Saturday, June 23, 2012
Quick kiss at the after hours & Plowing the Knife Shit test
This is a short post about what happened after we lost the Russian set. We went to this club where Nintendo has a contact to get us in. The bouncer said we had to talk to the cashier. While Nintendo was doing that, I did another smooth move. This mixed 5-set of Asians had paid and were getting their hand stamps from the bouncer. I just joined the line like I was with them. I figured it wouldn't even cross the bouncer's mind to question it as he'd just assume I was with them since I'm Asian. Of course, it worked. The other wing (who we met up with after the first bar; he wasn't able to get in with his shirt to the Russian bar) had followed behind me. We giggled because Nintendo had probably been trying to talk the cashier into letting 3 guys in and when he turned around, he would have seen no one behind him.
I had some okay sets but nothing really worth reporting save one.
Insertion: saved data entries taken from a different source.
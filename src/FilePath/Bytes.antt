-- ===== src/FilePath/Bytes.antt =====
-- What a path keeps of the bytes that it is made of.
use familiar_fleet.Base.{
  inr, inl, Bool-cases, ℕ, Bool, true, false, ◌≡◌, List, [], ◌∷◌, Text, all, arith, refl, text_eq,
}
use familiar_fleet.Text.{split, join_with}
use familiar_fleet.Text.Bytes.{all_all, split-all_all, join_with-all}
use familiar_fleet.FilePath.{or_dot, slash, clean, join, resolve, resolve_all, is_abs}
use mathlib.Core.List.{reverse_aux, reverse}

module _ (p : ℕ → Bool) (h : p b'/' ≡ true) (k : p b'.' ≡ true) where
  resolve-all_all :
      (b : Bool) (stack : List Text) (part : Text)
      → all_all p stack ≡ true
      → all p part ≡ true
      → all_all p (resolve b stack part) ≡ true
  unfolding resolve
  resolve-all_all b [] part s t = ground (arith, k, s, t)
  resolve-all_all b (top ∷ stack) part s t = ground (arith, k, s, t)

  resolve_all-all_all :
      (b : Bool) (stack parts : List Text)
      → all_all p stack ≡ true
      → all_all p parts ≡ true
      → all_all p (resolve_all b stack parts) ≡ true
  unfolding resolve_all
  resolve_all-all_all b stack [] s t = s
  resolve_all-all_all b stack (part ∷ parts) s t =
      resolve_all-all_all b (resolve b stack part) parts
        (resolve-all_all b stack part s (ground (arith, t))) (ground (arith, t))

  reverse_aux-all_all :
      (xs ys : List Text)
      → all_all p xs ≡ true
      → all_all p ys ≡ true
      → all_all p (reverse_aux xs ys) ≡ true
  reverse_aux-all_all [] ys s t = t
  reverse_aux-all_all (x ∷ xs) ys s t =
      reverse_aux-all_all xs (x ∷ ys) (ground (arith, s)) (ground (arith, s, t))

  body-all :
      (b : Bool) (s : Text)
      → all p s ≡ true
      → all p (join_with (slash ∷ []) (reverse (resolve_all b [] (split slash s)))) ≡ true
  body-all b s t = join_with-all p (slash ∷ []) _ (ground (arith, h)) (
      reverse_aux-all_all (resolve_all b [] (split slash s)) []
        (resolve_all-all_all b [] (split slash s) refl (split-all_all p slash s t)) refl)

  or_dot-all : (s : Text) → all p s ≡ true → all p (or_dot s) ≡ true
  or_dot-all [] t = ground (arith, k)
  or_dot-all (c ∷ s) t = t

  pub clean-all : (s : Text) → all p s ≡ true → all p (clean s) ≡ true
  unfolding clean
  clean-all s t = elim (Bool-cases (is_abs s)) [
    | inl e ↦ rw e (ground (arith, h, body-all true s t))
    | inr e ↦ rw e (or_dot-all _ (body-all false s t))
  ]

  -- A test that holds of the separator, of the dot and of every byte of the elements holds of every
  -- byte of their join.
  pub join-all : (parts : List Text) → all_all p parts ≡ true → all p (join parts) ≡ true
  unfolding join
  join-all [] t = refl
  join-all ([] ∷ parts) t = join-all parts (ground (arith, t))
  join-all ((c ∷ s) ∷ parts) t =
      clean-all _ (join_with-all p (slash ∷ []) ((c ∷ s) ∷ parts) (ground (arith, h)) t)
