-- ===== src/State/Safe.antt =====
-- What a valid enrollment keeps out of the command lines and files that are made of it.
use familiar_fleet.Base.{
  ℕ, zero, suc, ◌≤◌, Bool, true, ◌||◌, ◌≡◌, ◌⊎◌, none, [], ◌∷◌, List, Text, nat_eq, text_eq, ◌==◌,
  eq_iff, all, length, arith, refl,
}
use familiar_fleet.Text.{split}
use familiar_fleet.State.{Enrollment, is_port, validate_enrollment, valid_host, program_name}
use familiar_fleet.State.Grammar.{
  match_label, match_label_end, match_most, match_head, match_user, is_label_byte, is_user_byte,
}
use familiar_fleet.State.PublicKey.{validate_public_key}
use familiar_fleet.Descriptor

match_label_end-all :
    (n : ℕ) (s : Text)
    → match_label_end n s ≡ true
    → (all is_label_byte s ≡ true) × (length s ≤ suc n)
unfolding match_label_end
match_label_end-all n [] h = absurd (ground arith)
match_label_end-all n (c ∷ []) h = ground arith
match_label_end-all zero (c ∷ d ∷ s) h = absurd (ground arith)
match_label_end-all (suc n) (c ∷ d ∷ s) h = ground (arith, match_label_end-all n (d ∷ s))

pub match_label-all :
    (s : Text) → match_label s ≡ true → (all is_label_byte s ≡ true) × (length s ≤ 63)
unfolding match_label
match_label-all [] h = absurd (ground arith)
match_label-all (c ∷ []) h = ground arith
match_label-all (c ∷ d ∷ s) h = ground (arith, match_label_end-all 61 (d ∷ s))

match_most-all :
    (p : ℕ → Bool) (n : ℕ) (s : Text) → match_most p n s ≡ true → (all p s ≡ true) × (length s ≤ n)
unfolding match_most
match_most-all p n [] h = ground arith
match_most-all p zero (c ∷ s) h = absurd (ground arith)
match_most-all p (suc n) (c ∷ s) h = ground (arith, match_most-all p n s)

pub match_user-all :
    (s : Text) → match_user s ≡ true → (all is_user_byte s ≡ true) × (length s ≤ 64)
unfolding match_head
match_user-all [] h = absurd (ground arith)
match_user-all (c ∷ s) h = ground (arith, match_most-all is_user_byte 63 s)

abbrev pub is_host_byte : ℕ → Bool
is_host_byte c = is_label_byte c || c == b'.'

labels-all :
    (parts : List Text) → all match_label parts ≡ true → all (λ t. all is_label_byte t) parts ≡ true
labels-all [] h = refl
labels-all (t ∷ parts) h = ground (arith, match_label-all t, labels-all parts)

split-all :
    (s : Text) → all (λ t. all is_label_byte t) (split b'.' s) ≡ true → all is_host_byte s ≡ true
unfolding split
split-all [] h = refl
split-all (c ∷ s) h = by_parts (split b'.' s) refl (split-all s)
  where
    by_parts :
        (parts : List Text)
        → split b'.' s ≡ parts
        → (all (λ t. all is_label_byte t) (split b'.' s) ≡ true → all is_host_byte s ≡ true)
        → all is_host_byte (c ∷ s) ≡ true
    by_parts [] e rest = ground (arith, e, rest, eq_iff c b'.')
    by_parts (t ∷ ts) e rest = ground (arith, e, rest, eq_iff c b'.')

valid_host-all :
    (is_ip : Text → Bool) (s : Text)
    → valid_host is_ip s ≡ true
    → (is_ip s ≡ true) ⊎ ((all is_host_byte s ≡ true) × (length s ≤ 253))
unfolding valid_host
valid_host-all is_ip s h = ground (arith, labels-all (split b'.' s), split-all s)

-- What holds of each field of a valid enrollment that reaches a command line or a file.
pub record IsSafe (is_ip : Text → Bool) (e : Enrollment) : Type 0 where
  pub user : (all is_user_byte e.tunnel_user ≡ true) × (length e.tunnel_user ≤ 64)
  pub host :
      (is_ip e.tunnel_host ≡ true)
      ⊎ ((all is_host_byte e.tunnel_host ≡ true) × (length e.tunnel_host ≤ 253))
  pub label : (all is_label_byte e.host ≡ true) × (length e.host ≤ 63)
  pub port : is_port e.port ≡ true
  pub ssh_port : is_port e.tunnel_ssh_port ≡ true
  pub session : e.remote_session ≡ program_name
  pub controller : validate_public_key e.controller_public_key ≡ none
  pub runtime : Descriptor.validate e.runtime ≡ none

-- A valid enrollment has a user name of at most 64 bytes that are letters, digits, `_`, `.` and
-- `-`, a tunnel host that is an IP address or at most 253 bytes of labels and dots, a host label
-- of at most 63 bytes, ports from 1 to 65535, the client's own session name, a well-formed
-- controller key and a valid runtime descriptor.
pub validate_enrollment-IsSafe :
    (is_ip : Text → Bool) (e : Enrollment) → validate_enrollment is_ip e ≡ none → IsSafe is_ip e
unfolding validate_enrollment
validate_enrollment-IsSafe is_ip e h = record {
  user = match_user-all e.tunnel_user (ground arith);
  host = valid_host-all is_ip e.tunnel_host (ground arith);
  label = match_label-all e.host (ground arith);
  port = ground arith;
  ssh_port = ground arith;
  session = (eq_iff e.remote_session program_name).0 (ground arith);
  controller = ground arith;
  runtime = ground arith;
}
Nintendo opened this 2-set of a black girl and a thin blonde who looked around my age (so older than most of the girls there). I winged him right away. I started talking the blonde and I quickly had kino. I remember talking to her and I was also starting to dance with her. I spun her ,and I had one had on her waist and the other holding my hand so I could dance. Then, after the song that I liked ended, I stopped dancing and just put my hands on her waist.
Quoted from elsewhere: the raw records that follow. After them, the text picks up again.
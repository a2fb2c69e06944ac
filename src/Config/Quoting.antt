-- ===== src/Config/Quoting.antt =====
-- The quoting functions against readers of the quoted form.
use familiar_fleet.Base.{
  ℕ, Bool, true, false, Option, none, some, [], ◌∷◌, ◌++◌, Text, nat_eq, text_eq, ◌==◌, ◌≡◌, refl,
  arith, if◌then◌else◌, eq_iff,
}
use familiar_fleet.Text.{replace_byte}
use familiar_fleet.Config.{shell_quote, sshd_quote, escape}

-- Where a POSIX shell stands in a word: outside quotes, behind a backslash, or in single quotes.
pub data Mode : Type 0 where
  bare : Mode
  escaped : Mode
  quoted : Mode

abbrev special : ℕ → Bool
special c = if c == 39 then true else c == 92

-- The word that a POSIX shell reads from a text of single quotes and escaped characters; `none`
-- where it is not closed, or where another character stands outside the quotes.
unfoldable pub shell_word : Mode → Text → Option Text
shell_word bare [] = some []
shell_word escaped [] = none
shell_word quoted [] = none
shell_word bare (c ∷ s) =
    if c == 39 then shell_word quoted s else if c == 92 then shell_word escaped s else none
shell_word escaped (c ∷ s) = elim (shell_word bare s) [ none ↦ none | some w ↦ some (c ∷ w) ]
shell_word quoted (c ∷ s) =
    if c == 39
    then shell_word bare s
    else elim (shell_word quoted s) [ none ↦ none | some w ↦ some (c ∷ w) ]

inside :
    (s : Text) → shell_word quoted (replace_byte 39 (39 ∷ 92 ∷ 39 ∷ 39 ∷ []) s ++ 39 ∷ []) ≡ some s
unfolding shell_word replace_byte
inside [] = refl
inside (c ∷ s) = ground (arith, inside s, eq_iff c 39)

-- A POSIX shell reads the quoted form of any text as one word: the text.
pub shell_word-shell_quote : (s : Text) → shell_word bare (shell_quote s) ≡ some s
unfolding shell_word shell_quote
shell_word-shell_quote s = inside s

-- What sshd and TOML read between double quotes, where a backslash keeps the next character.
unfoldable pub unescape : Bool → Text → Option Text
unescape true [] = none
unescape false [] = none
unescape true (c ∷ s) = elim (unescape false s) [ none ↦ none | some w ↦ some (c ∷ w) ]
unescape false (c ∷ s) =
    if c == 92
    then unescape true s
    else if c == 34
    then (if s == [] then some [] else none)
    else elim (unescape false s) [ none ↦ none | some w ↦ some (c ∷ w) ]

abbrev pub unquote : Text → Option Text
unquote [] = none
unquote (c ∷ s) = if c == 34 then unescape false s else none

unescape-escape : (s : Text) → unescape false (escape s ++ 34 ∷ []) ≡ some s
unfolding unescape escape
unescape-escape [] = refl
unescape-escape (c ∷ s) = ground (arith, unescape-escape s, eq_iff c 92, eq_iff c 34)

-- Reading the double-quoted form of any text, where a backslash keeps the next character, gives
-- the text.
pub unquote-sshd_quote : (s : Text) → unquote (sshd_quote s) ≡ some s
unfolding sshd_quote
unquote-sshd_quote s = unescape-escape s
She was gazing into my eyes, and I thought, "This is pretty early in this set but I swear she's giving me that look that means she wants to kiss. Fuck it, let's find out if my read is correct." Had all the crazy stuff not happened earlier, I might not have gone for the kiss this soon despite the read. Of course, the read was right. I think I had moved towards her once and stopped. Then 30 seconds later, I moved in a little and once she saw that, she moved in and we kissed.
I isolated her to the back of the bar. It was quieter there and easier to talk. I had her against the wall and we were talking. I had my arms around her and we kissed briefly there.
Suddenly, the friend showed up and she dragged her away. Nintendo said he had tried to keep his girl's attention but had failed.
Knife shit test:
After we wore out the second club, we went to run street game on Division. We were trying quick pull openers. We had these two fat black girls stopped and hooked but Nintendo didn't really want to bang them and I wasn't that keen either so we moved on. We were about to meet up with the other wing when we opened this last set.
Nintendo calls them the ghetto set. They were two white girls in their late 20's but Nintendo said they had cheap shoes on. Nintendo opened the girl on the left and the blonde on the right immediately told him to fuck off. We tried to plow and the girls told us to go away. Nintendo said, "We're standing here. If you wanna go, then go."
The blonde, who was obviously drunk said, "Do you have the knife?"
The friend then fished out this little pocket knife.
Now this sounds crazy, but the way they were doing it was not in the way that someone serious about stabbing you would do it. When the girl opened the little knife, Nintendo said, "You really are pulling out a knife on me? I should go get the cops."
Here's another factor, we're right across from a bunch of cops so it's not like we're really worried about it. Again, they were drunk and kind of laughing at each other about doing this crazy shit. Nintendo walked off.
I backed off about 10 feet just in case my read was wrong. I knew I couldn't be stabbed there. I kept interacting with them. I decided to be crazy too.
I said, "Wow, you really are crazy. I should get the cops. No. You're lucky I'm in a great mood. If I were in one of my dark, crazy moods, I know what I'd do. I go up to you and stab myself with that knife and make it look like you did it."
She started trying to insult me with Asian stereotype insults. I think this is why I kept interacting. I wanted to see if I could get bombarded with insults and see if I got affected emotionally.
I can see it hard for me to be affected by shit tests from hot girls now. This girl was yelling all kinds of shit at me and I didn't care. My mood wasn't affected at all. I made me laugh at the ridiculousness of the whole situation. I guess I shouldn't be surprised.
I must really be drawing state from within. What girls or guys that I don't know say just bounce off like I have some sort of shield around me. I don't give a shit what some random person thinks about me or whether they like me or not. This is a massive contrast to my old AFC self that was so worried what everyone thought about him.